### Work instructions
Reproduce the records below exactly, but only between the lines holding "turn_on = λ c. record" and "pin = record", inclusive.

### Collected data
^^^^^^^^

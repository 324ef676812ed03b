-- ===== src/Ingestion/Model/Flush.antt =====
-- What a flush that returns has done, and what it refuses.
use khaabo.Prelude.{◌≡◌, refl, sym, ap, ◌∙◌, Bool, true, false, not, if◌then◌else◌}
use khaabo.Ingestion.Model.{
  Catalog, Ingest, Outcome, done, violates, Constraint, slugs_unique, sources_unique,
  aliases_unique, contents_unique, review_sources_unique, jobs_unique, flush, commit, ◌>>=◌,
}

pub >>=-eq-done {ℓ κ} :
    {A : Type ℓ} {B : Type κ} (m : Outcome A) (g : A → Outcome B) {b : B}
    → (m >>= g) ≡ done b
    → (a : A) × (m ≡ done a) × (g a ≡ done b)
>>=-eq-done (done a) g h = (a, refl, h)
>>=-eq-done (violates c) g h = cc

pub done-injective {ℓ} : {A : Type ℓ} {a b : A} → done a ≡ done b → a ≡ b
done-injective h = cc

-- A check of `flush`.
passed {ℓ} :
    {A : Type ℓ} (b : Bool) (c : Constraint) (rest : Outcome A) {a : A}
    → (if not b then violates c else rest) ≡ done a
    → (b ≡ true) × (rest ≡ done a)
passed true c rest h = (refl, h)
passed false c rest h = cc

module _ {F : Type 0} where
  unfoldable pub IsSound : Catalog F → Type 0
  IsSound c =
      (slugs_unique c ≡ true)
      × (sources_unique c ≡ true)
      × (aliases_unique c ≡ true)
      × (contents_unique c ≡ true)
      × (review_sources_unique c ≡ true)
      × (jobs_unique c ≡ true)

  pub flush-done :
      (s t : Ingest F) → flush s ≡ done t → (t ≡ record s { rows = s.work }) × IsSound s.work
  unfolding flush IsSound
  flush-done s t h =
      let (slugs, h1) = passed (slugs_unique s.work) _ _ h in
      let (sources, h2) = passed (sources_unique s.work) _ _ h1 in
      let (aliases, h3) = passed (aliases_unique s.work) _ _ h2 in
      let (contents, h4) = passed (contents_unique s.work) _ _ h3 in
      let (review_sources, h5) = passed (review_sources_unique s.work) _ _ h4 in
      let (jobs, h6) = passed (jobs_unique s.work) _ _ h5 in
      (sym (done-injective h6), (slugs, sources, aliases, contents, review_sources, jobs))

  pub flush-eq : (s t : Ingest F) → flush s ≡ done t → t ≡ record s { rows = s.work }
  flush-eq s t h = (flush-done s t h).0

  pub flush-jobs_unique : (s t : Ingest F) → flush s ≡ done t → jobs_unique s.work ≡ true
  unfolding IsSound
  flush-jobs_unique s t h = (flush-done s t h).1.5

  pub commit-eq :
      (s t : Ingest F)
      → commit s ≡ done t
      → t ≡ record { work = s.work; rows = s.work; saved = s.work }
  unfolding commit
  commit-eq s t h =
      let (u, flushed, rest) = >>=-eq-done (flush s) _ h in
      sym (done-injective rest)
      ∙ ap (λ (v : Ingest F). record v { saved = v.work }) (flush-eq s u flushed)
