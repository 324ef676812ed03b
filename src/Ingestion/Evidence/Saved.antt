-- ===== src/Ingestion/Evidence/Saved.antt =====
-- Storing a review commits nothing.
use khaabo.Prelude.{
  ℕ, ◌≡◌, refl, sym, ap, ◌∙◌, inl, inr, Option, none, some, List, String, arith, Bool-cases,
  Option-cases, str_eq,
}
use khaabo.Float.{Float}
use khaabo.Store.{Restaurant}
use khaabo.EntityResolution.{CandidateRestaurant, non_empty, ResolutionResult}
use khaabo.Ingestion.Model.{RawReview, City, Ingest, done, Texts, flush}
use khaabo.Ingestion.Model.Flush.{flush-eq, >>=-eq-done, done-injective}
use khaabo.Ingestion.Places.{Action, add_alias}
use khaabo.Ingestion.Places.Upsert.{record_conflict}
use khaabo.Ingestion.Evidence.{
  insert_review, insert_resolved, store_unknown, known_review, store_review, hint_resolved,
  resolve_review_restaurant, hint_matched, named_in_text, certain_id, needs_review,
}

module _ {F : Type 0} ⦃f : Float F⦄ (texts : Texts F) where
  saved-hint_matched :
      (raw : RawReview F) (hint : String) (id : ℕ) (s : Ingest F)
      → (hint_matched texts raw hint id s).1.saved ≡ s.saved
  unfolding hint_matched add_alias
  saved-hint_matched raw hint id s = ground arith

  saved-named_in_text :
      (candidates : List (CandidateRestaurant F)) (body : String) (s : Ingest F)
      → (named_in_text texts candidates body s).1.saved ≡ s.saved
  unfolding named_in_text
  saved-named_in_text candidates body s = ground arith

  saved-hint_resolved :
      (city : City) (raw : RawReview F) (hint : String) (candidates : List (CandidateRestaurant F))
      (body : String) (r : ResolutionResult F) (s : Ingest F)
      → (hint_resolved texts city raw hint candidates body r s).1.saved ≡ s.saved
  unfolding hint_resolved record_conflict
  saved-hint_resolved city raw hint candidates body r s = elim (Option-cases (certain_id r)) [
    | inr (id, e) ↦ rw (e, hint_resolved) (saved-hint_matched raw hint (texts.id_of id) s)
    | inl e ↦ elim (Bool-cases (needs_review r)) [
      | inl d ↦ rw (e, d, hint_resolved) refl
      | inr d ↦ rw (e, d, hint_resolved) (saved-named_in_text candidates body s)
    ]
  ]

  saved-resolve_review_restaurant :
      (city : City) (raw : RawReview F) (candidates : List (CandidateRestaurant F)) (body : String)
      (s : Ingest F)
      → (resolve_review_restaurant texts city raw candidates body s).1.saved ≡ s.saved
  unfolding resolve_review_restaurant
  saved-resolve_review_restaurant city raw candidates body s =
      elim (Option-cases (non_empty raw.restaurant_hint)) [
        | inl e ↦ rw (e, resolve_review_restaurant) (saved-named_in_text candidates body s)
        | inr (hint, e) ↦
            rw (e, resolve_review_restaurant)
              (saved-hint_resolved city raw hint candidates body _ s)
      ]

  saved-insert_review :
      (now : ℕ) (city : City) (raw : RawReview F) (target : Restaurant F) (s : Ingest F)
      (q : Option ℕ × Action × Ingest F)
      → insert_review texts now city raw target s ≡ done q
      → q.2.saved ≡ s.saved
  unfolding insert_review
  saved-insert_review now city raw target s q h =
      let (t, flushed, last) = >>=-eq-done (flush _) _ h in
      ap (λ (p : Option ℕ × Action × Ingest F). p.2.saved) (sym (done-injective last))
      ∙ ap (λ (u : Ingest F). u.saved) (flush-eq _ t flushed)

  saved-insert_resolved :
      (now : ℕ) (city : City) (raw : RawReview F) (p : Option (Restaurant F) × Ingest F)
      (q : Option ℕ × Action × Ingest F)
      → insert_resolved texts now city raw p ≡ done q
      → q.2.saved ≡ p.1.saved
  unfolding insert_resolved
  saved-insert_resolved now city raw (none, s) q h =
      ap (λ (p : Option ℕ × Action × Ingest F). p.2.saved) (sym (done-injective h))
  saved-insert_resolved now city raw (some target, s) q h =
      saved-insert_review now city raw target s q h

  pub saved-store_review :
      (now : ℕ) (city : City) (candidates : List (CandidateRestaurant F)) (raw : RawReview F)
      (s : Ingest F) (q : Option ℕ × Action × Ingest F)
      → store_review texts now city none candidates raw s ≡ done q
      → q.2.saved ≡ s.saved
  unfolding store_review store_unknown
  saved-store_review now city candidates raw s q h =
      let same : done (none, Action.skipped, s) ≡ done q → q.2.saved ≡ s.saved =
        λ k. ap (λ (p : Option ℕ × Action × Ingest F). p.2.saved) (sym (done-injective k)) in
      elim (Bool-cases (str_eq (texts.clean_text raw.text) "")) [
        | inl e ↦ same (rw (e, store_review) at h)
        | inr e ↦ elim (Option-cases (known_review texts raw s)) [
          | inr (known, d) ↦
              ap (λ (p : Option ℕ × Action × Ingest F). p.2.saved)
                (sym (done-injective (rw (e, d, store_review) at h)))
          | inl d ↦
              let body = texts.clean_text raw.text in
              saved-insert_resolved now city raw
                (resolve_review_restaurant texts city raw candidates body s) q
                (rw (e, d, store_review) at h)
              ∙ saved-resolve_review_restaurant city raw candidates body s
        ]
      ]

^^^^^^^^

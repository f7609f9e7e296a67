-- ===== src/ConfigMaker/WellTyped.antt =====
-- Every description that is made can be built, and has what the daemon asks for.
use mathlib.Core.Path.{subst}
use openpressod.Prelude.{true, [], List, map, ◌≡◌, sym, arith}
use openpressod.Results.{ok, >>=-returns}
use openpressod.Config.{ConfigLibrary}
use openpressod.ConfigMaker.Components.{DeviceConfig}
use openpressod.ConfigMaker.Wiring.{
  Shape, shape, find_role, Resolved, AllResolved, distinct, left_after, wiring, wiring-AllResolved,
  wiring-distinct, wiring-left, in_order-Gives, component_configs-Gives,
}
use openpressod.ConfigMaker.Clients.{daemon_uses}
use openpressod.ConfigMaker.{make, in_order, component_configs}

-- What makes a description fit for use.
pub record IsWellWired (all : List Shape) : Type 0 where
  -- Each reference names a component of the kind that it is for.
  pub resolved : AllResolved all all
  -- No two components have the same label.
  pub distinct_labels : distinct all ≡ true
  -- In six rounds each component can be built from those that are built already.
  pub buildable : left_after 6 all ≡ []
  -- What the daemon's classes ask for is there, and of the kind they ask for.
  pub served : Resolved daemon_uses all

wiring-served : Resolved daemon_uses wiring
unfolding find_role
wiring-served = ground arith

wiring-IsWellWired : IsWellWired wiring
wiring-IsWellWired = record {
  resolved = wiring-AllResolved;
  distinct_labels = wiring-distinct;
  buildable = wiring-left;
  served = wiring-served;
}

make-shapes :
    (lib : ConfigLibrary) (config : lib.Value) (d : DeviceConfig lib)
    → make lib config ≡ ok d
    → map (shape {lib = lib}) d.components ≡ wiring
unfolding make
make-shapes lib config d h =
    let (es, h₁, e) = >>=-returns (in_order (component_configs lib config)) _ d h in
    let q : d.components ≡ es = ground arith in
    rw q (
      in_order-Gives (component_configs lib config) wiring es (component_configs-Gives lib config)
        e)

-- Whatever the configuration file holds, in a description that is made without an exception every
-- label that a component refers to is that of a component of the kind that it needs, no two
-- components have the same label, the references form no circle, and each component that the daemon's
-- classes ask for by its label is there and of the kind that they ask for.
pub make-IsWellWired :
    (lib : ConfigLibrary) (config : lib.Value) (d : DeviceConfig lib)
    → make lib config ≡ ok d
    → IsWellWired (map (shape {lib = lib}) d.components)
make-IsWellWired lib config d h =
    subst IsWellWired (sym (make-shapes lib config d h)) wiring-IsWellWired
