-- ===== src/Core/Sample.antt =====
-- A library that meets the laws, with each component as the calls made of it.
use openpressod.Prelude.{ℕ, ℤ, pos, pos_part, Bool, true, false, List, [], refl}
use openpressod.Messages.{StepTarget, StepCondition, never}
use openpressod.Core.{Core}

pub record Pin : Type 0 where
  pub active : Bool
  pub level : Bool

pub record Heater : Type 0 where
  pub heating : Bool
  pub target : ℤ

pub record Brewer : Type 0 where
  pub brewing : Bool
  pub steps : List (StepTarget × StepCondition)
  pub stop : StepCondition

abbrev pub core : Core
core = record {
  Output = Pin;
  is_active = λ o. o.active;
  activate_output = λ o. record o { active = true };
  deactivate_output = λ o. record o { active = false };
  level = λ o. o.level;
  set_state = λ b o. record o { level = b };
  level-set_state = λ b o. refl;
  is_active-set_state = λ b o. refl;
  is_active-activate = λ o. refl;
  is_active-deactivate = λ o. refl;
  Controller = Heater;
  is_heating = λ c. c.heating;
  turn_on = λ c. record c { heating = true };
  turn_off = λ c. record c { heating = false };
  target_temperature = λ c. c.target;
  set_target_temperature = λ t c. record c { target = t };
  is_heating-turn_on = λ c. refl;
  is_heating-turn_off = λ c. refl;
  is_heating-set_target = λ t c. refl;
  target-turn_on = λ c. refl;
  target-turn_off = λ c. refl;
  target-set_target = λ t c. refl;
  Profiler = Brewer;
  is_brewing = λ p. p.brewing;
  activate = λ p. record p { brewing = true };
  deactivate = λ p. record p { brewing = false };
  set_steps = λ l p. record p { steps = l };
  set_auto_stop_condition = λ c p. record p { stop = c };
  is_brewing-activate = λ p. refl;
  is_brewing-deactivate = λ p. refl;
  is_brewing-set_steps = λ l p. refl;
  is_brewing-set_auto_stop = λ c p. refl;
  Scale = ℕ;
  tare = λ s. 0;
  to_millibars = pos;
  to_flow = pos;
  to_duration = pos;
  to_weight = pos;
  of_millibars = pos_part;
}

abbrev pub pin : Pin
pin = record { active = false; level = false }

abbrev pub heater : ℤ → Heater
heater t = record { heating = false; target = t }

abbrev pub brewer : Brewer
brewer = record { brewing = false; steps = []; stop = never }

^^^^^^^^

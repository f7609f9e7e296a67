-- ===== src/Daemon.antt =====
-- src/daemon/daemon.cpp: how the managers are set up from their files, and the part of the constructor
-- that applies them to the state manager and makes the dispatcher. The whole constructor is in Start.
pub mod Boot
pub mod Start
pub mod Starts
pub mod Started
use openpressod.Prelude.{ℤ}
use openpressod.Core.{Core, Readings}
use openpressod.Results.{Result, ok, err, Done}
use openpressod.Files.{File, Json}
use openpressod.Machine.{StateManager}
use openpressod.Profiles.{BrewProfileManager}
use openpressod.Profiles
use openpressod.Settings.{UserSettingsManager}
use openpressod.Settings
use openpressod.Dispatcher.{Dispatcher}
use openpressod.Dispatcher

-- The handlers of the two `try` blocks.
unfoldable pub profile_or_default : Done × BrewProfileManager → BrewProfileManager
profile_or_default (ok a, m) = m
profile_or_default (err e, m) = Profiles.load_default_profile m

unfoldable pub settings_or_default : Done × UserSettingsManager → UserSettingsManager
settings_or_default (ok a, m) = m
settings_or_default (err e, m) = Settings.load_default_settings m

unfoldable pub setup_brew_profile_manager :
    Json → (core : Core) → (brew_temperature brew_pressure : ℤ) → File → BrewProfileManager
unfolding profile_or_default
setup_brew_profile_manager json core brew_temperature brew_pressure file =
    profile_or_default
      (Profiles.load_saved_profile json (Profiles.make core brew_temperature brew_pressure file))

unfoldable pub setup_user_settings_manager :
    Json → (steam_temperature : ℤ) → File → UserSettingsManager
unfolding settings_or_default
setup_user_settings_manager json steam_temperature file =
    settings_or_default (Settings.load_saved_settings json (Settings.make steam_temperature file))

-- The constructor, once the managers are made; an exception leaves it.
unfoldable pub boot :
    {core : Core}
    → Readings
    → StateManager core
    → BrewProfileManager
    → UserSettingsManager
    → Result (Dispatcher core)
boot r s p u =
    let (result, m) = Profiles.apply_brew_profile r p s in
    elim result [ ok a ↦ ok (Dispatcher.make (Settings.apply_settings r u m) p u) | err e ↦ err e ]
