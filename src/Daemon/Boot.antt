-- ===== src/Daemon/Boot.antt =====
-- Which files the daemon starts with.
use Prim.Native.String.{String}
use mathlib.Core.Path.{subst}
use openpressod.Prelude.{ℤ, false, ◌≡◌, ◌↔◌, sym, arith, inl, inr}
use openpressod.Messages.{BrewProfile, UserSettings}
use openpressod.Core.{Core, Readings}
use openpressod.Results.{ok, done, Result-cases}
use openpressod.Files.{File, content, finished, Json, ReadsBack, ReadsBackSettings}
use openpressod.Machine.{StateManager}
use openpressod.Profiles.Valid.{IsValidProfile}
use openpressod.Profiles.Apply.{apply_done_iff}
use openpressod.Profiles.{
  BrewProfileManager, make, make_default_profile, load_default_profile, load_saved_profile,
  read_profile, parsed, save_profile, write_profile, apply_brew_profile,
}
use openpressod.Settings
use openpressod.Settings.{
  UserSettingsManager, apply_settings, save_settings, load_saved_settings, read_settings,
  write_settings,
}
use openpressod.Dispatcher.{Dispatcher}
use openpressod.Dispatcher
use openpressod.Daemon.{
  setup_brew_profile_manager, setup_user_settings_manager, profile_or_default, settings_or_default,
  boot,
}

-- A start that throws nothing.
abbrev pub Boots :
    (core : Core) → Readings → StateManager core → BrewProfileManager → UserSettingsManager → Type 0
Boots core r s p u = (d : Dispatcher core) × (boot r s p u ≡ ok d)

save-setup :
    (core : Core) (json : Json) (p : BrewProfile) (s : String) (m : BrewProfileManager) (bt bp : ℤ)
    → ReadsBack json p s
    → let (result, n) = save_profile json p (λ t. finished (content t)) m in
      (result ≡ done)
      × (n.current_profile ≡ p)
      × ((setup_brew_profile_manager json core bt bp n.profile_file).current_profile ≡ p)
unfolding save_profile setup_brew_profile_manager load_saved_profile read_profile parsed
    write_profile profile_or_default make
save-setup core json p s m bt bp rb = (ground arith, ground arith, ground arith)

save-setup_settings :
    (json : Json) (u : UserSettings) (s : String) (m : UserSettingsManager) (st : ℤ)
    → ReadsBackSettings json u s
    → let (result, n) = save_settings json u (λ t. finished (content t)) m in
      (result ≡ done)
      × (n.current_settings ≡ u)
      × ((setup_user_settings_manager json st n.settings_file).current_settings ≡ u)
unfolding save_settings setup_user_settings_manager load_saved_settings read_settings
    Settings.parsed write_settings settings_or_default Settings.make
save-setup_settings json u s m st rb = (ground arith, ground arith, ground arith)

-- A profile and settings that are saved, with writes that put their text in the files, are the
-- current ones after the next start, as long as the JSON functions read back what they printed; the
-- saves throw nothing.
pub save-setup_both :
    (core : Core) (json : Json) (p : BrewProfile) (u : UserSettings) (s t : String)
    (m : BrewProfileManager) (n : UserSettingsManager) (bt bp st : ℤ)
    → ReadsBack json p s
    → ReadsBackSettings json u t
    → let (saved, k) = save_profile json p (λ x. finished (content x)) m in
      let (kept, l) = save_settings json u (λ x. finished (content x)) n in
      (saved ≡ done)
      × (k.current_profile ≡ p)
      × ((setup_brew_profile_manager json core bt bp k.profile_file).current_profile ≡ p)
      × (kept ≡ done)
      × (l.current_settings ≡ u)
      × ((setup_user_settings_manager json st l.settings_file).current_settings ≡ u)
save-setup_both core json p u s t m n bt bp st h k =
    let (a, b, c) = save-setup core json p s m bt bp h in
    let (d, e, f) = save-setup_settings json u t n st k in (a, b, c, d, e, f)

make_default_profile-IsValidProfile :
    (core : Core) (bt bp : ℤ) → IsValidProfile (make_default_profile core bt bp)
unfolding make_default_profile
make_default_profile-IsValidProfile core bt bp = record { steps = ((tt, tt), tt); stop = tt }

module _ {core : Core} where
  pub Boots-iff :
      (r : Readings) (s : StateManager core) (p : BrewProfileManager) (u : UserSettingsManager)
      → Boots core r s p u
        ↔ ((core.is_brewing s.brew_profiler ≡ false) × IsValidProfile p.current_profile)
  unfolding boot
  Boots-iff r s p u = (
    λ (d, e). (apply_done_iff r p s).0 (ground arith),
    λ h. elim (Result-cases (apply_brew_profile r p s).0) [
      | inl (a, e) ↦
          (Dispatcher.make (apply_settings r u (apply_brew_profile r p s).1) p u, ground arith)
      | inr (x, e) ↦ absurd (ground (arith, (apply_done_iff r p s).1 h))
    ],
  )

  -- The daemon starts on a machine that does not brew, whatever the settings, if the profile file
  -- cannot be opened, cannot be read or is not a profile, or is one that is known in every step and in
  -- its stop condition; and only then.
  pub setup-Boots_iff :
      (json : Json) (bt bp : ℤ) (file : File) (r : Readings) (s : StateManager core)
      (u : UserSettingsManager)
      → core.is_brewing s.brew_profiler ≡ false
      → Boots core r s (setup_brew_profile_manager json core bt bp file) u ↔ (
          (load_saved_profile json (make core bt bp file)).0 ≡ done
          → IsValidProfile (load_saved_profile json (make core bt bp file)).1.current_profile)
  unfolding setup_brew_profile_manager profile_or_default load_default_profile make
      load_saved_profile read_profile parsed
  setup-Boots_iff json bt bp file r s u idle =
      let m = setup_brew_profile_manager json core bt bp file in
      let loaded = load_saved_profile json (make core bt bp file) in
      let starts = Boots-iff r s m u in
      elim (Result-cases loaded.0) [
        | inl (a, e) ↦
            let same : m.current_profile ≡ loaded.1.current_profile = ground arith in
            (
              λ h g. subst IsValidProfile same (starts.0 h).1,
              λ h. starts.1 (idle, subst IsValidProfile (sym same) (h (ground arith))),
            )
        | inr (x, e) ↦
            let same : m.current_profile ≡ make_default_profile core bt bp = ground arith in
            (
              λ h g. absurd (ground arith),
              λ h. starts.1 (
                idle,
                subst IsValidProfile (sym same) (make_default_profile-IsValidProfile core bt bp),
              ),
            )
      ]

^^^^^^^^

### Finished task
  turn_on = λ c. record c { heating = true };
  turn_off = λ c. record c { heating = false };
  target_temperature = λ c. c.target;
  set_target_temperature = λ t c. record c { target = t };
  is_heating-turn_on = λ c. refl;
  is_heating-turn_off = λ c. refl;
  is_heating-set_target = λ t c. refl;
  target-turn_on = λ c. refl;
  target-turn_off = λ c. refl;
  target-set_target = λ t c. refl;
  Profiler = Brewer;
  is_brewing = λ p. p.brewing;
  activate = λ p. record p { brewing = true };
  deactivate = λ p. record p { brewing = false };
  set_steps = λ l p. record p { steps = l };
  set_auto_stop_condition = λ c p. record p { stop = c };
  is_brewing-activate = λ p. refl;
  is_brewing-deactivate = λ p. refl;
  is_brewing-set_steps = λ l p. refl;
  is_brewing-set_auto_stop = λ c p. refl;
  Scale = ℕ;
  tare = λ s. 0;
  to_millibars = pos;
  to_flow = pos;
  to_duration = pos;
  to_weight = pos;
  of_millibars = pos_part;
}

abbrev pub pin : Pin
pin = record { active = false; level = false }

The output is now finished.